START Data to process

-- ===== src/WeightedDistribution.antt =====
-- centipede/corpus.{h,cc}: class WeightedDistribution, from which the next input to mutate is drawn.
pub mod Consistency
pub mod Choice
mod Examples
use fuzztest.Common.{
  ℕ, zero, suc, ◌+◌, ◌*◌, ◌^◌, Bool, true, false, not, List, [], ◌∷◌, ◌++◌, ltb, ◌==◌,
  if◌then◌else◌, length, set, get_or, drop,
}
use fuzztest.Common.Abort.{Outcome, aborted, done, ◌>>=◌, ◌>>◌, check}
use fuzztest.Common.Bytes.{add64}

pub record WeightedDistribution : Type 0 where
  pub weights : List ℕ
  pub cumulative_weights : List ℕ
  pub cumulative_weights_valid : Bool

abbrev pub weighted_distribution : WeightedDistribution
weighted_distribution = record {
  weights = [];
  cumulative_weights = [];
  cumulative_weights_valid = true;
}

-- The last element of a vector, or the given value for an empty one.
unfoldable pub back_or : ℕ → List ℕ → ℕ
back_or a [] = a
back_or a (x ∷ xs) = back_or x xs

unfoldable pub without_back : List ℕ → List ℕ
without_back [] = []
without_back (x ∷ []) = []
without_back (x ∷ y ∷ ys) = x ∷ without_back (y ∷ ys)

unfoldable pub add_weight : WeightedDistribution → ℕ → Outcome WeightedDistribution
add_weight d weight =
    check (length d.weights == length d.cumulative_weights)
    >> done (record d {
      weights = d.weights ++ (weight ∷ []);
      cumulative_weights =
          if length d.cumulative_weights == 0
          then weight ∷ []
          else d.cumulative_weights ++ (add64 (back_or 0 d.cumulative_weights) weight ∷ []);
    })

unfoldable pub change_weight : WeightedDistribution → ℕ → ℕ → Outcome WeightedDistribution
change_weight d idx new_weight =
    check (ltb idx (length d.weights))
    >> done (record d { weights = set d.weights idx new_weight; cumulative_weights_valid = false })

-- The values of `partial_sum` in the loop of RecomputeInternalState.
unfoldable pub partial_sums : ℕ → List ℕ → List ℕ
partial_sums partial_sum [] = []
partial_sums partial_sum (weight ∷ weights) =
    add64 partial_sum weight ∷ partial_sums (add64 partial_sum weight) weights

unfoldable pub recompute_internal_state : WeightedDistribution → WeightedDistribution
recompute_internal_state d = record d {
  cumulative_weights = partial_sums 0 d.weights ++ drop (length d.weights) d.cumulative_weights;
  cumulative_weights_valid = true;
}

-- std::upper_bound, as an index: the first element above the value.
unfoldable pub upper_bound : ℕ → List ℕ → ℕ
upper_bound value [] = 0
upper_bound value (c ∷ cs) = if ltb value c then 0 else suc (upper_bound value cs)

-- `uniform n` is what absl::Uniform gives in [0, n).
unfoldable pub random_index : (ℕ → ℕ) → WeightedDistribution → Outcome ℕ
random_index uniform d =
    check (not (length d.weights == 0))
    >> check d.cumulative_weights_valid
    >> (let sum_of_all_weights = back_or 0 d.cumulative_weights in
        if sum_of_all_weights == 0
        then done (uniform (length d.weights))
        else (let index = upper_bound (uniform sum_of_all_weights) d.cumulative_weights in
            check (not (index == length d.cumulative_weights))
            >> check (not (get_or d.weights index 0 == 0))
            >> done index))

-- The weight and what is left; an empty vector, which the source leaves undefined, is `aborted`.
unfoldable pub pop_back : WeightedDistribution → Outcome (ℕ × WeightedDistribution)
pop_back d =
    if length d.weights == 0
    then aborted
    else done (
      back_or 0 d.weights,
      record d {
        weights = without_back d.weights;
        cumulative_weights = without_back d.cumulative_weights;
      },
    )

unfoldable pub clear : WeightedDistribution → WeightedDistribution
clear d = record d { weights = []; cumulative_weights = [] }

-- RemoveSubset from the index `i` on: the elements that the sorted indices do not name, in order.
unfoldable pub remove_subset {ℓ} : {A : Type ℓ} → ℕ → List ℕ → List A → List A
remove_subset i subset [] = []
remove_subset i [] (x ∷ xs) = x ∷ remove_subset (suc i) [] xs
remove_subset i (j ∷ js) (x ∷ xs) =
    let removed = remove_subset (suc i) js xs in
    let kept = remove_subset (suc i) (j ∷ js) xs in if i == j then removed else x ∷ kept

-- RemoveRandomWeightedSubset, where `subset` is the result of RandomWeightedSubset.
unfoldable pub remove_weighted_subset : List ℕ → WeightedDistribution → WeightedDistribution
remove_weighted_subset subset d = record d {
  weights = remove_subset 0 subset d.weights;
  cumulative_weights = remove_subset 0 subset d.cumulative_weights;
}
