-- ===== src/RandomSubset.antt =====
-- centipede/util.cc: RandomWeightedSubset, which chooses the elements of a corpus to remove.
-- `key i w` stands for the number pow(unif(rng), 1 / w) that is drawn for the element `i`; such
-- numbers, which are not negative, are ordered as their bits are, so they are natural numbers here.
pub mod Removal
pub mod Chosen
mod Examples
use fuzztest.Common.{
  ℕ, zero, suc, ◌+◌, ◌-◌, Bool, true, false, not, List, [], ◌∷◌, ◌++◌, ltb, leb, ◌==◌,
  if◌then◌else◌, length, map,
}

pub record IndexAndWeight : Type 0 where
  pub index : ℕ
  pub weight : ℕ

-- The indices of all zeros, from the index `i` on.
unfoldable pub zero_indices : ℕ → List ℕ → List ℕ
zero_indices i [] = []
zero_indices i (w ∷ ws) = let rest = zero_indices (suc i) ws in if w == 0 then i ∷ rest else rest

-- std::priority_queue, as a list in descending order; its head is its top.
unfoldable pub push : IndexAndWeight → List IndexAndWeight → List IndexAndWeight
push iw [] = iw ∷ []
push iw (top ∷ queue) =
    let later = top ∷ push iw queue in if ltb iw.weight top.weight then later else iw ∷ top ∷ queue

-- A full queue takes the element in place of its top, if the element is smaller.
unfoldable pub swap_top : IndexAndWeight → List IndexAndWeight → List IndexAndWeight
swap_top iw [] = []
swap_top iw (top ∷ queue) = if ltb iw.weight top.weight then push iw queue else top ∷ queue

module _ (key : ℕ → ℕ → ℕ) where
  -- The loop over the set, from the index `i` on.
  unfoldable pub subset_loop : ℕ → ℕ → List ℕ → List IndexAndWeight → List IndexAndWeight
  subset_loop to_remove i [] queue = queue
  subset_loop to_remove i (w ∷ ws) queue =
      let iw : IndexAndWeight = record { index = i; weight = key i w } in
      let queue' = if ltb (length queue) to_remove then push iw queue else swap_top iw queue in
      subset_loop to_remove (suc i) ws (if w == 0 then queue else queue')

-- std::sort
unfoldable pub insert_index : ℕ → List ℕ → List ℕ
insert_index n [] = n ∷ []
insert_index n (m ∷ ms) = let later = m ∷ insert_index n ms in if ltb m n then later else n ∷ m ∷ ms

unfoldable pub sort_indices : List ℕ → List ℕ
sort_indices [] = []
sort_indices (n ∷ ns) = insert_index n (sort_indices ns)

abbrev pub indices_of : List IndexAndWeight → List ℕ
indices_of = map (λ iw. iw.index)

unfoldable pub random_weighted_subset : (ℕ → ℕ → ℕ) → List ℕ → ℕ → List ℕ
random_weighted_subset key set target_size =
    let res = zero_indices 0 set in
    let to_remove = length set - length res - target_size in
    if leb (length set - length res) target_size
    then res
    else sort_indices (res ++ indices_of (subset_loop key to_remove 0 set []))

END Data to process

Search the entries for the string "Common" and return each line where it turns up.

use fuzztest.Common.{
use fuzztest.Common.Abort.{Outcome, aborted, done, ◌>>=◌, ◌>>◌, check}
use fuzztest.Common.Bytes.{add64}
use fuzztest.Common.{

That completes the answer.